(Collected data)
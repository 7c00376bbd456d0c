-- ===== src/Server/Truncate.antt =====
-- internal/server/truncate.go: fitting a response into the client's UDP payload size.
pub mod Skip
pub mod Bound
use hydra_dns.Base.{
  ℕ, zero, suc, ◌+◌, ◌-◌, [], ◌∷◌, ◌++◌, Bool, ltb, leb, ◌==◌, if◌then◌else◌, length, Result, ok,
  err, ◌>>=◌, Bytes, byte_at, slice, uint16_at, put_uint16, bit_or, out_of_fuel,
}
use hydra_dns.Base.Int.{ℤ, pos, pos_part, ltb_ℤ}
use hydra_dns.Dns.Enums.{tc_flag}
use hydra_dns.Dns.Header.{header_size}
use hydra_dns.Dns.Edns.{default_udp_payload_size}

unfoldable pub extract_question_count : Bytes → Result ℕ
extract_question_count msg = uint16_at msg 4

unfoldable pub build_truncated_header : Bytes → ℕ → Result Bytes
build_truncated_header resp qdcount = do
  flags ← uint16_at resp 2
  let new_flags = bit_or flags tc_flag
  id0 ← byte_at resp 0
  id1 ← byte_at resp 1
  ok (id0 ∷ id1 ∷ (put_uint16 new_flags ++ (put_uint16 qdcount ++ (0 ∷ 0 ∷ 0 ∷ 0 ∷ 0 ∷ 0 ∷ []))))

-- The loop of skipQNAME, on fuel.
unfoldable pub skip_qname_loop : ℕ → Bytes → ℕ → Result ℕ
skip_qname_loop zero msg at = err out_of_fuel
skip_qname_loop (suc fuel) msg at =
    if leb (length msg) at
    then ok at
    else (byte_at msg at >>= (λ label_len.
        let next = skip_qname_loop fuel msg (at + 1 + label_len) in
        if label_len == 0
        then ok (at + 1)
        else if leb 0xC0 label_len
        then ok (if ltb (length msg) (at + 2) then length msg else at + 2)
        else if ltb (length msg) (at + 1 + label_len)
        then ok (length msg)
        else next))

unfoldable pub skip_qname : Bytes → ℕ → Result ℕ
skip_qname msg at = skip_qname_loop (suc (length msg)) msg at

-- `for range qdcount`, from the offset where the next question begins.
unfoldable pub question_section_loop : ℕ → Bytes → ℕ → Result ℕ
question_section_loop zero msg at = ok at
question_section_loop (suc qdcount) msg at = skip_qname msg at >>= (λ at'.
    let rest = question_section_loop qdcount msg (at' + 4) in
    if ltb (length msg) at'
    then ok (length msg)
    else if ltb (length msg) (at' + 4)
    then ok (length msg)
    else rest)

unfoldable pub find_question_section_end : Bytes → ℕ → Result ℕ
find_question_section_end msg qdcount = question_section_loop qdcount msg header_size

-- The limit that applies: 512 for a size that is not positive.
unfoldable pub size_limit : ℤ → ℕ
size_limit max_size = if ltb_ℤ (pos 0) max_size then pos_part max_size else default_udp_payload_size

-- What is left of a response that is too long: its header, and its questions if they fit.
unfoldable pub cut_response : Bytes → ℕ → Result Bytes
cut_response resp limit = do
  qdcount ← extract_question_count resp
  header ← build_truncated_header resp qdcount
  if qdcount == 0
      then ok header
      else (find_question_section_end resp qdcount >>= (λ question_end.
          if leb question_end header_size
          then ok header
          else if ltb limit question_end
          then ok header
          else (slice resp header_size question_end >>= (λ questions. ok (header ++ questions)))))

unfoldable pub truncate_udp_response : Bytes → ℤ → Result Bytes
truncate_udp_response resp max_size =
    let limit = size_limit max_size in
    if leb (length resp) limit
    then ok resp
    else if ltb (length resp) header_size
    then ok resp
    else cut_response resp limit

## WHAT IS NEEDED:
Word for word, please print every line from the beginning of the records to the line bearing "then ok (at + 1)", counting both ends and stopping there.

## YOUR SOLUTION:
repository 7c00376bbd456d0c
-- ===== src/Server/Truncate.antt =====
-- internal/server/truncate.go: fitting a response into the client's UDP payload size.
pub mod Skip
pub mod Bound
use hydra_dns.Base.{
  ℕ, zero, suc, ◌+◌, ◌-◌, [], ◌∷◌, ◌++◌, Bool, ltb, leb, ◌==◌, if◌then◌else◌, length, Result, ok,
  err, ◌>>=◌, Bytes, byte_at, slice, uint16_at, put_uint16, bit_or, out_of_fuel,
}
use hydra_dns.Base.Int.{ℤ, pos, pos_part, ltb_ℤ}
use hydra_dns.Dns.Enums.{tc_flag}
use hydra_dns.Dns.Header.{header_size}
use hydra_dns.Dns.Edns.{default_udp_payload_size}

unfoldable pub extract_question_count : Bytes → Result ℕ
extract_question_count msg = uint16_at msg 4

unfoldable pub build_truncated_header : Bytes → ℕ → Result Bytes
build_truncated_header resp qdcount = do
  flags ← uint16_at resp 2
  let new_flags = bit_or flags tc_flag
  id0 ← byte_at resp 0
  id1 ← byte_at resp 1
  ok (id0 ∷ id1 ∷ (put_uint16 new_flags ++ (put_uint16 qdcount ++ (0 ∷ 0 ∷ 0 ∷ 0 ∷ 0 ∷ 0 ∷ []))))

-- The loop of skipQNAME, on fuel.
unfoldable pub skip_qname_loop : ℕ → Bytes → ℕ → Result ℕ
skip_qname_loop zero msg at = err out_of_fuel
skip_qname_loop (suc fuel) msg at =
    if leb (length msg) at
    then ok at
    else (byte_at msg at >>= (λ label_len.
        let next = skip_qname_loop fuel msg (at + 1 + label_len) in
        if label_len == 0
        then ok (at + 1)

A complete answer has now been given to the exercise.